What is needed:
Read the lines below, and copy any that contain the string "some".

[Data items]
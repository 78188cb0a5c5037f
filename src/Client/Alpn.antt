-- ===== src/Client/Alpn.antt =====
-- The ALPN part of quic_client_open in ext/quic/connection_client.c: the checks of the entries, and
-- the wire format of RFC 7301.
pub mod Wire
use quic_ruby.Base.{ℕ, ◌+◌, ◌%◌, List, [], ◌∷◌, ◌++◌, ◌||◌, length, ltb, if◌then◌else◌, add64}
use quic_ruby.Ruby.{Value, Result, ok, raise, ◌>>=◌, arg_error, check_string}

-- The first loop: the size of the wire format, or the exception for a bad entry.
unfoldable pub alpn_total : ℕ → List Value → Result ℕ
alpn_total total [] = ok total
alpn_total total (entry ∷ rest) = check_string entry >>= λ bytes.
    let len = length bytes in
    let more = alpn_total (add64 total (1 + len)) rest in
    if ltb len 1 || ltb 255 len then raise arg_error else more

-- RSTRING_PTR and RSTRING_LEN of an entry that the first loop has checked.
unfoldable pub entry_bytes : Value → List ℕ
entry_bytes (Value.string e bytes) = bytes
entry_bytes v = []

-- The second loop: the length as an unsigned char, and the bytes.
unfoldable pub alpn_wire : List Value → List ℕ
unfolding entry_bytes
alpn_wire [] = []
alpn_wire (entry ∷ rest) =
    let bytes = entry_bytes entry in (length bytes % 256) ∷ bytes ++ alpn_wire rest
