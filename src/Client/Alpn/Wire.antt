-- ===== src/Client/Alpn/Wire.antt =====
-- The ALPN wire format: its size, its reading back, and how large it can get.
use mathlib.Core.Option
use quic_ruby.Base.{
  ℕ, zero, suc, ◌+◌, ◌*◌, ◌/◌, ◌≤◌, ◌<◌, ◌≡◌, ◌^◌, ◌%◌, refl, ap, ◌∙◌, ◌⊎◌, inl, inr, Option, none,
  some, List, [], ◌∷◌, ◌++◌, ◌||◌, map, arith, length, take, drop, All, u64_mod, add64, ltb, ◌==◌,
  if◌then◌else◌, length-append, drop-length_append,
}
use quic_ruby.Ruby.{Value, string, ascii_8bit, ok, raise, type_error, check_string}
use quic_ruby.Client.Alpn.{alpn_total, alpn_wire, entry_bytes}

-- The reading of RFC 7301, section 3.1: a list of names, each of 1 to 255 bytes behind its length.
unfoldable pub parse_alpn : ℕ → List ℕ → Option (List (List ℕ))
parse_alpn fuel [] = some []
parse_alpn zero (len ∷ rest) = none
parse_alpn (suc fuel) (len ∷ rest) =
    let more = parse_alpn fuel (drop len rest) in
    if len == 0 || ltb (length rest) len
    then none
    else Option.map (λ names. take len rest ∷ names) more

-- A String of 1 to 255 bytes.
abbrev IsEntry : Value → Type 0
IsEntry v =
    (check_string v ≡ ok (entry_bytes v))
    × (1 ≤ length (entry_bytes v))
    × (length (entry_bytes v) ≤ 255)

take-length_append : (xs ys : List ℕ) → take (length xs) (xs ++ ys) ≡ xs
take-length_append [] ys = refl
take-length_append (x ∷ xs) ys = ap (λ r. x ∷ r) (take-length_append xs ys)

check_string-cases :
    (v : Value) → (check_string v ≡ ok (entry_bytes v)) ⊎ (check_string v ≡ raise type_error)
unfolding entry_bytes
check_string-cases (string e bytes) = inl refl
check_string-cases v = inr refl

alpn_total-step :
    (t total : ℕ) (v : Value) (rest : List Value)
    → alpn_total t (v ∷ rest) ≡ ok total
    → IsEntry v × (alpn_total (add64 t (1 + length (entry_bytes v))) rest ≡ ok total)
unfolding alpn_total
alpn_total-step t total v rest e = ground (arith, check_string-cases v)

length-wire :
    (v : Value) (rest : List Value)
    → length (alpn_wire (v ∷ rest)) ≡ 1 + length (entry_bytes v) + length (alpn_wire rest)
unfolding alpn_wire
length-wire v rest = omega (arith, length-append (entry_bytes v) (alpn_wire rest))

-- The first loop accepts only entries of 1 to 255 bytes, and counts the bytes of the second loop.
alpn_total-wire :
    (t total : ℕ) (entries : List Value)
    → alpn_total t entries ≡ ok total
    → t + length (alpn_wire entries) < u64_mod
    → All IsEntry entries × (total ≡ t + length (alpn_wire entries))
alpn_total-wire t total [] e h = unfold alpn_total alpn_wire in (tt, ground arith)
alpn_total-wire t total (v ∷ rest) e h =
    let (entry, more) = alpn_total-step t total v rest e in
    let no_wrap : add64 t (1 + length (entry_bytes v)) ≡ t + (1 + length (entry_bytes v)) =
      omega (arith, length-wire v rest) in
    let (entries, sum) =
      alpn_total-wire (add64 t (1 + length (entry_bytes v))) total rest more
        (omega (arith, no_wrap, length-wire v rest)) in
    ((entry, entries), omega (arith, sum, no_wrap, length-wire v rest))

parse_alpn-wire :
    (entries : List Value)
    → All IsEntry entries
    → parse_alpn (length entries) (alpn_wire entries) ≡ some (map entry_bytes entries)
unfolding parse_alpn alpn_wire
parse_alpn-wire [] h = refl
parse_alpn-wire (v ∷ rest) h =
    let small : length (entry_bytes v) % 256 ≡ length (entry_bytes v) = omega arith in
    rw
      (
        small,
        drop-length_append (entry_bytes v) (alpn_wire rest),
        take-length_append (entry_bytes v) (alpn_wire rest),
        parse_alpn-wire rest h.1,
      )
      (ground (arith, length-append (entry_bytes v) (alpn_wire rest)))

-- The buffer is filled exactly, and a reader of RFC 7301 gets the names back in order: the loops of
-- quic_client_open agree on the size, for every list of entries that the first one accepts and whose
-- wire format is shorter than 2^64 bytes.
pub alpn_wire-parses :
    (entries : List Value) (total : ℕ)
    → alpn_total 0 entries ≡ ok total
    → length (alpn_wire entries) < u64_mod
    → (length (alpn_wire entries) ≡ total)
      × (parse_alpn (length entries) (alpn_wire entries) ≡ some (map entry_bytes entries))
alpn_wire-parses entries total e h =
    let (good, sum) = alpn_total-wire 0 total entries e (omega arith) in
    (omega (arith, sum), parse_alpn-wire entries good)

abbrev pub one_byte_names : ℕ → List Value
one_byte_names zero = []
one_byte_names (suc k) = string ascii_8bit (104 ∷ []) ∷ one_byte_names k

alpn_total-names :
    (t k : ℕ) → t + 2 * k < u64_mod → alpn_total t (one_byte_names k) ≡ ok (t + 2 * k)
unfolding alpn_total
alpn_total-names t zero h = ap ok (omega arith)
alpn_total-names t (suc k) h =
    let no_wrap : add64 t 2 ≡ t + 2 = omega arith in
    rw no_wrap (alpn_total-names (t + 2) k (omega arith) ∙ ap ok (omega arith))

-- For every bound below 2^63 there are entries that the first loop accepts with a larger size of
-- the stack buffer.
pub alpn_total-unbounded :
    (bound : ℕ)
    → bound < 2 ^ 63
    → (entries : List Value) × (total : ℕ) × (alpn_total 0 entries ≡ ok total) × (bound < total)
alpn_total-unbounded bound h = (
  one_byte_names (bound / 2 + 1),
  0 + 2 * (bound / 2 + 1),
  alpn_total-names 0 (bound / 2 + 1) (omega arith),
  omega arith,
)
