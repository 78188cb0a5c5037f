-- ===== src/Client/Close.antt =====
-- Client#close of ext/quic/connection_client.c.
pub mod Once
pub mod Repeated
use quic_ruby.Base.{
  ℕ, none, some, List, [], ◌∷◌, ◌++◌, ◌||◌, not, length, take, ltb, if◌then◌else◌, is_negative,
  is_zero, magnitude, int_eq,
}
use quic_ruby.Ruby.{
  Result, ok, raise, ◌>>=◌, quic, ErrorClass, check_string, is_nil, keyword, Kwargs, Numeric,
}
use quic_ruby.Errors.{raise_ngtcp2_error}
use quic_ruby.Ngtcp2.{Ngtcp2}
use quic_ruby.Client.State.{Client}

-- The error code and the reason among the keywords.
unfoldable pub close_keywords : Numeric → Kwargs → Result (ℕ × List ℕ)
close_keywords num none = ok (0, [])
close_keywords num (some opts) = do
  let error_code_v = keyword "error_code" opts
  let reason_v = keyword "reason" opts
  error_code ← if is_nil error_code_v then ok 0 else num.num2ull error_code_v
  reason ← if is_nil reason_v then ok [] else check_string reason_v
  ok (error_code, reason)

module _ {Conn : Type 0} (n : Ngtcp2 Conn) where
  -- The part behind the guards: one CONNECTION_CLOSE is written, and sent on the bound socket.
  unfoldable pub send_close : Client Conn → ℕ → List ℕ → ℕ → Result (Unit {0}) × Client Conn
  send_close c error_code reason now =
      let (conn, len, dest) =
        n.write_connection_close c.conn error_code
          (if ltb 0 (length reason) then some reason else none) now in
      let c' : Client Conn = record c { conn = conn } in
      if int_eq len n.codes.invalid_state
      then (ok tt, c')
      else if is_negative len
      then (raise (raise_ngtcp2_error n.codes len), c')
      else if is_zero len
      then (ok tt, c')
      else (ok tt, record c' { sent = c.sent ++ take (magnitude len) dest ∷ [] })

  -- quic_client_close_m
  unfoldable pub close : Numeric → Client Conn → Kwargs → ℕ → Result (Unit {0}) × Client Conn
  close num c opts now = elim (close_keywords num opts) [
    | raise e ↦ (raise e, c)
    | ok (error_code, reason) ↦
        if n.in_closing_period c.conn || n.in_draining_period c.conn
        then (ok tt, c)
        else if not c.bound
        then (raise (quic ErrorClass.not_bound none), c)
        else send_close c error_code reason now
  ]
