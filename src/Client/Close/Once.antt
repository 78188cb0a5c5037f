-- ===== src/Client/Close/Once.antt =====
-- What #close puts on the socket.
use quic_ruby.Base.{
  ℕ, ◌≡◌, refl, ◌⊎◌, inl, inr, true, false, none, some, List, [], ◌∷◌, ◌++◌, arith, ◌||◌, not,
  Bool-cases, if◌then◌else◌, length, take, ltb, ℤ, is_zero, is_negative, int_eq, magnitude,
}
use quic_ruby.Ruby.{Result, ok, raise, Kwargs, Numeric, quic, ErrorClass}
use quic_ruby.Ngtcp2.{Ngtcp2}
use quic_ruby.Client.State.{Client}
use quic_ruby.Client.Close.{close_keywords, send_close, close}

module _ {Conn : Type 0} (n : Ngtcp2 Conn) (c : Client Conn) where
  -- One datagram more, which only a successful call on a bound socket sends, before the closing
  -- and draining periods.
  abbrev pub SendsOne : Result (Unit {0}) × Client Conn → Type 0
  SendsOne out =
      (out.0 ≡ ok tt)
      × (c.bound ≡ true)
      × (n.in_closing_period c.conn ≡ false)
      × (n.in_draining_period c.conn ≡ false)
      × ((packet : List ℕ) × (out.1.sent ≡ c.sent ++ packet ∷ []))

  -- What ngtcp2 answers to the call.
  abbrev frame : ℕ → List ℕ → ℕ → Conn × ℤ × List ℕ
  frame code reason now =
      n.write_connection_close c.conn code (if ltb 0 (length reason) then some reason else none) now

  abbrev close_packet : ℕ → List ℕ → ℕ → List ℕ
  close_packet code reason now =
      take (magnitude (frame code reason now).1) (frame code reason now).2

  send_close-sent :
      (code : ℕ) (reason : List ℕ) (now : ℕ)
      → ((send_close n c code reason now).1.sent ≡ c.sent)
        ⊎ (((send_close n c code reason now).0 ≡ ok tt)
            × ((send_close n c code reason now).1.sent
                ≡ c.sent ++ close_packet code reason now ∷ []))
  unfolding send_close
  send_close-sent code reason now =
      elim (Bool-cases (int_eq (frame code reason now).1 n.codes.invalid_state)) [
        | inl e ↦ rw e (inl refl)
        | inr e ↦ elim (Bool-cases (is_negative (frame code reason now).1)) [
          | inl e' ↦ rw (e, e') (inl refl)
          | inr e' ↦ elim (Bool-cases (is_zero (frame code reason now).1)) [
            | inl e'' ↦ rw (e, e', e'') (inl refl)
            | inr e'' ↦ rw (e, e', e'') (inr (refl, refl))
          ]
        ]
      ]

  send_close-objects :
      (code : ℕ) (reason : List ℕ) (now : ℕ)
      → (send_close n c code reason now).1.objects ≡ c.objects
  unfolding send_close
  send_close-objects code reason now = ground arith

  Closes : Result (Unit {0}) × Client Conn → Type 0
  Closes out = ((out.1.sent ≡ c.sent) ⊎ SendsOne out) × (out.1.objects ≡ c.objects)

  -- The part of #close behind the conversion of its keywords.
  guarded-Closes :
      (code : ℕ) (reason : List ℕ) (now : ℕ)
      → Closes (
          if n.in_closing_period c.conn || n.in_draining_period c.conn
          then (ok tt, c)
          else if not c.bound
          then (raise (quic ErrorClass.not_bound none), c)
          else send_close n c code reason now)
  unfolding Closes
  guarded-Closes code reason now = elim (Bool-cases (n.in_closing_period c.conn)) [
    | inl e ↦ rw e (inl refl, refl)
    | inr e ↦ elim (Bool-cases (n.in_draining_period c.conn)) [
      | inl e' ↦ rw (e, e') (inl refl, refl)
      | inr e' ↦ elim (Bool-cases c.bound) [
        | inr e'' ↦ simp (e, e', e'') (inl refl, refl)
        | inl e'' ↦
            simp (e, e', e'')
              (
                elim (send_close-sent code reason now) [
                  | inl same ↦ inl same
                  | inr (good, one) ↦
                      inr (good, refl, refl, refl, (close_packet code reason now, one))
                ],
                send_close-objects code reason now,
              )
      ]
    ]
  ]

  -- #close sends nothing, or one datagram on a bound socket of a connection that is neither closing
  -- nor draining, and then it succeeds; it touches no stream object.
  pub close-SendsOne :
      (num : Numeric) (opts : Kwargs) (now : ℕ)
      → (((close n num c opts now).1.sent ≡ c.sent) ⊎ SendsOne (close n num c opts now))
        × ((close n num c opts now).1.objects ≡ c.objects)
  unfolding close Closes
  close-SendsOne num opts now = go (close_keywords num opts)
    where
      go :
          (k : Result (ℕ × List ℕ))
          → Closes (elim k [
            | raise e ↦ (raise e, c)
            | ok (code, reason) ↦
                if n.in_closing_period c.conn || n.in_draining_period c.conn
                then (ok tt, c)
                else if not c.bound
                then (raise (quic ErrorClass.not_bound none), c)
                else send_close n c code reason now
          ])
      go (raise e) = (inl refl, refl)
      go (ok (code, reason)) = guarded-Closes code reason now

Answer to the problem:
  some, List, [], ◌∷◌, ◌++◌, ◌||◌, map, arith, length, take, drop, All, u64_mod, add64, ltb, ◌==◌,
parse_alpn fuel [] = some []
    → parse_alpn (length entries) (alpn_wire entries) ≡ some (map entry_bytes entries)
      × (parse_alpn (length entries) (alpn_wire entries) ≡ some (map entry_bytes entries))
  ℕ, none, some, List, [], ◌∷◌, ◌++◌, ◌||◌, not, length, take, ltb, if◌then◌else◌, is_negative,
close_keywords num (some opts) = do
          (if ltb 0 (length reason) then some reason else none) now in
  ℕ, ◌≡◌, refl, ◌⊎◌, inl, inr, true, false, none, some, List, [], ◌∷◌, ◌++◌, arith, ◌||◌, not,
      n.write_connection_close c.conn code (if ltb 0 (length reason) then some reason else none) now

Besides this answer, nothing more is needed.